Good Shotgun Chokes, Bad Shotgun Chokes. Why are some shotgun chokes so much better than other ones. There is undoubtedly a great deal of science in making the perfect shotgun choke and none of the knowledge keepers are too eager to share it. While the diameter difference between the bore and choke may be one of the shotgun chokes ingredients the science is in the macro details and factors such as material, length of barrel, shotgun choke geometry, and finishes as well ammunition are where the secrets are hidden. Simply put, "God did not create all chokes equal!"
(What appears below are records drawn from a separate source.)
-- ===== src/Servicewatcher/Sibling.antt =====
-- pkg/controllers/servicewatcher: the reconcilers of controller.go and reverse_sync.go, which return an
-- error at most. A tunnel that is created has the zero value wherever the code sets nothing.
use frp_operator.Prelude.{
  String, Bool, true, false, ◌&&◌, not, Option, none, some, List, [], ◌∷◌, string_eq, nat_eq, ◌==◌,
  is_some, map, Result, ok, err,
}
use frp_operator.Prelude.Maps.{lookup, insert, delete}
use frp_operator.Kube.{ApiError, is_not_found, ignore_not_found}
use frp_operator.Api.{Tunnel, TunnelSpec, TunnelStatus, unset, annotation_do_not_disrupt}
use frp_operator.Disruption.Methods.{text_at}
use frp_operator.Servicewatcher.{
  Service, Ingress, Parsers, WatchError, call_failed, label_managed_by_service, is_our_service,
  port_from_service, copy_do_not_disrupt, annotations_equal, load_balancer_equal, parse_annotations,
}

-- What the reconcilers call.
pub record Outside (Q W : Type 0) : Type 0 where
  pub get_service : String → String → W → Result ApiError Service × W
  pub get_tunnel : String → String → W → Result ApiError (Tunnel Q) × W
  pub create_tunnel : Tunnel Q → W → Option ApiError × W
  pub update_tunnel : Tunnel Q → W → Option ApiError × W
  pub delete_tunnel : Tunnel Q → W → Option ApiError × W
  pub patch_service_status : Service → W → Option ApiError × W

abbrev pub as_failure : Option ApiError → Option WatchError
as_failure none = none
as_failure (some e) = some (call_failed e)

-- The annotation that the watcher manages, in the map of the tunnel.
abbrev pub merged : Option String → List (String × String) → List (String × String)
merged none existing = delete annotation_do_not_disrupt existing
merged (some v) existing = insert annotation_do_not_disrupt v existing

abbrev pub new_status : TunnelStatus
new_status = record {
  phase = unset;
  assigned_exit = "";
  assigned_ip = "";
  assigned_ports = [];
  conditions = [];
}

module _ {Q : Type 0} where
  -- The tunnel that `upsertSibling` creates.
  unfoldable pub new_sibling : Service → TunnelSpec Q → Tunnel Q
  unfolding copy_do_not_disrupt
  new_sibling svc spec = record {
    meta = record {
      name = svc.meta.name;
      namespace = svc.meta.namespace;
      uid = "";
      generation = 0;
      labels = (label_managed_by_service, "true") ∷ [];
      annotations = copy_do_not_disrupt svc.meta.annotations;
      creation_timestamp = 0;
      deletion_timestamp = none;
      finalizers = [];
      generate_name = "";
    };
    spec = spec;
    status = new_status;
  }

  -- The tunnel that it updates.
  unfoldable pub updated_sibling : Service → TunnelSpec Q → Tunnel Q → Tunnel Q
  unfolding copy_do_not_disrupt
  updated_sibling svc spec existing = record existing {
    meta = record existing.meta {
      annotations =
          merged (lookup annotation_do_not_disrupt (copy_do_not_disrupt svc.meta.annotations))
            existing.meta.annotations;
      labels = insert label_managed_by_service "true" existing.meta.labels;
    };
    spec = spec;
  }

  module _ (parsers : Parsers Q) where
    -- The spec that the Service asks for.
    unfoldable pub desired_spec : Service → Result WatchError (TunnelSpec Q)
    unfolding parse_annotations port_from_service
    desired_spec svc = elim (parse_annotations parsers svc) [
      | err e ↦ err e
      | ok spec ↦ ok (record spec { ports = map port_from_service svc.ports })
    ]

    -- The tunnel has what the Service asks for.
    unfoldable pub is_settled : Service → TunnelSpec Q → Tunnel Q → Bool
    unfolding annotations_equal copy_do_not_disrupt
    is_settled svc spec existing =
        parsers.spec_equal existing.spec spec
        && annotations_equal existing.meta.annotations (copy_do_not_disrupt svc.meta.annotations)

    module _ {W : Type 0} (out : Outside Q W) where
      -- `upsertSibling` with the spec.
      unfoldable pub upsert_spec : Service → TunnelSpec Q → W → Option WatchError × W
      unfolding new_sibling updated_sibling is_settled
      upsert_spec svc spec w =
          let (answer, w1) = out.get_tunnel svc.meta.namespace svc.meta.name w in
          elim answer [
            | err e ↦ elim (is_not_found e) [
              | false ↦ (some (call_failed e), w1)
              | true ↦
                  let (failure, w2) = out.create_tunnel (new_sibling svc spec) w1 in
                  (as_failure failure, w2)
            ]
            | ok existing ↦ elim (is_settled svc spec existing) [
              | true ↦ (none, w1)
              | false ↦
                  let (failure, w2) = out.update_tunnel (updated_sibling svc spec existing) w1 in
                  (as_failure failure, w2)
            ]
          ]

      -- `upsertSibling` with the spec that the Service asks for, or an error.
      unfoldable pub upsert_wanted :
          Result WatchError (TunnelSpec Q) → Service → W → Option WatchError × W
      unfolding upsert_spec
      upsert_wanted (err e) svc w = (some e, w)
      upsert_wanted (ok spec) svc w = upsert_spec svc spec w

      -- `upsertSibling`.
      abbrev pub upsert_sibling : Service → W → Option WatchError × W
      upsert_sibling svc w = upsert_wanted (desired_spec svc) svc w

      -- `deleteSiblingIfOurs`.
      unfoldable pub delete_sibling_if_ours : String → String → W → Option WatchError × W
      delete_sibling_if_ours namespace name w =
          let (answer, w1) = out.get_tunnel namespace name w in
          elim answer [
            | err e ↦ (as_failure (ignore_not_found e), w1)
            | ok t ↦ elim (text_at label_managed_by_service t.meta.labels == "true") [
              | false ↦ (none, w1)
              | true ↦ elim (is_some t.meta.deletion_timestamp) [
                | true ↦ (none, w1)
                | false ↦
                    let (failure, w2) = out.delete_tunnel t w1 in
                    elim failure [
                      | none ↦ (none, w2)
                      | some e ↦ (as_failure (ignore_not_found e), w2)
                    ]
              ]
            ]
          ]

      -- `Controller.Reconcile`.
      unfoldable pub reconcile_service : String → String → W → Option WatchError × W
      unfolding is_our_service upsert_wanted delete_sibling_if_ours
      reconcile_service namespace name w =
          let (answer, w1) = out.get_service namespace name w in
          elim answer [
            | err e ↦ elim (is_not_found e) [
              | true ↦ delete_sibling_if_ours namespace name w1
              | false ↦ (some (call_failed e), w1)
            ]
            | ok svc ↦ elim (is_our_service svc) [
              | false ↦ (none, w1)
              | true ↦ elim (is_some svc.meta.deletion_timestamp) [
                | true ↦ delete_sibling_if_ours svc.meta.namespace svc.meta.name w1
                | false ↦ upsert_sibling svc w1
              ]
            ]
          ]

  -- `ReverseSync.Reconcile`.
  pub reverse_sync : {W : Type 0} → Outside Q W → String → String → W → Option ApiError × W
  unfolding is_our_service load_balancer_equal
  reverse_sync out namespace name w =
      let (answer, w1) = out.get_tunnel namespace name w in
      elim answer [
        | err e ↦ (ignore_not_found e, w1)
        | ok t ↦ elim (t.status.assigned_ip == "") [
          | true ↦ (none, w1)
          | false ↦
              let (found, w2) = out.get_service t.meta.namespace t.meta.name w1 in
              elim found [
                | err e ↦ (ignore_not_found e, w2)
                | ok svc ↦
                    let desired : List Ingress =
                      record { ip = t.status.assigned_ip; hostname = "" } ∷ [] in
                    elim (is_our_service svc && not (load_balancer_equal svc.ingress desired)) [
                      | false ↦ (none, w2)
                      | true ↦ out.patch_service_status (record svc { ingress = desired }) w2
                    ]
              ]
        ]
      ]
Ok, so how does a shotgun choke actually work? Let us begin first with an easy metaphor, a child in out in the back yard playing with a garden hose. He discovers that if he puts his thumb on the end of the hose it goes further. That, kind of, is similar to what happens with a shotgun. Now for the scientific explanation by a nuclear engineer named Robert Hedrick. In a nutshell, his computer model and 35 years of research explains it in this way. There are two forces that tell the story; the mechanical properties while the shot column is in the barrel and the dynamic forces of nature that affect the shot column after it exits the barrel. When the shot column meets up with the choke it forces the column to squeeze tighter together; these forces are called radial forces. Once it is out of the barrel, wind resistance and gravity act on it. When the wind comes into contact with the outside pellets of the shot column it induces spinning and they start to flare off like a ping pong ball with english on it. The tighter the choke the heavier the radial forces, the tighter the pellets are squeezed together so the pattern holds tighter over a longer distance. Conversely, the less restriction you have in the shotgun choke the more loosely the pellets are held together and the faster the pattern opens up.

There you have it! You now know more about shotgun chokes than 98 percent of the shooters in the world.

Cliff Moller
Briley Mfg

I found this to be interesting.


----------



## youngdon (Mar 10, 2010)

OK .... there was actually a chart there on the old forum. You can see it at www.briley.com


----------



## El Gato Loco (Jan 15, 2010)

youngdon said:


> OK .... there was actually a chart there on the old forum. You can see it at www.briley.com


Fixed.... this new software has a setting when you post. HTML on / off. I just edited your post, and turned html on. You should be able to do that too in the future. If not, let me know.


----------



## On a call (Mar 3, 2010)

Great post there Don.

I love skeet for my jumping birds and improved modified for ducks over open water and extra full on turkey.


----------



## youngdon (Mar 10, 2010)

Thanks Chris !


----------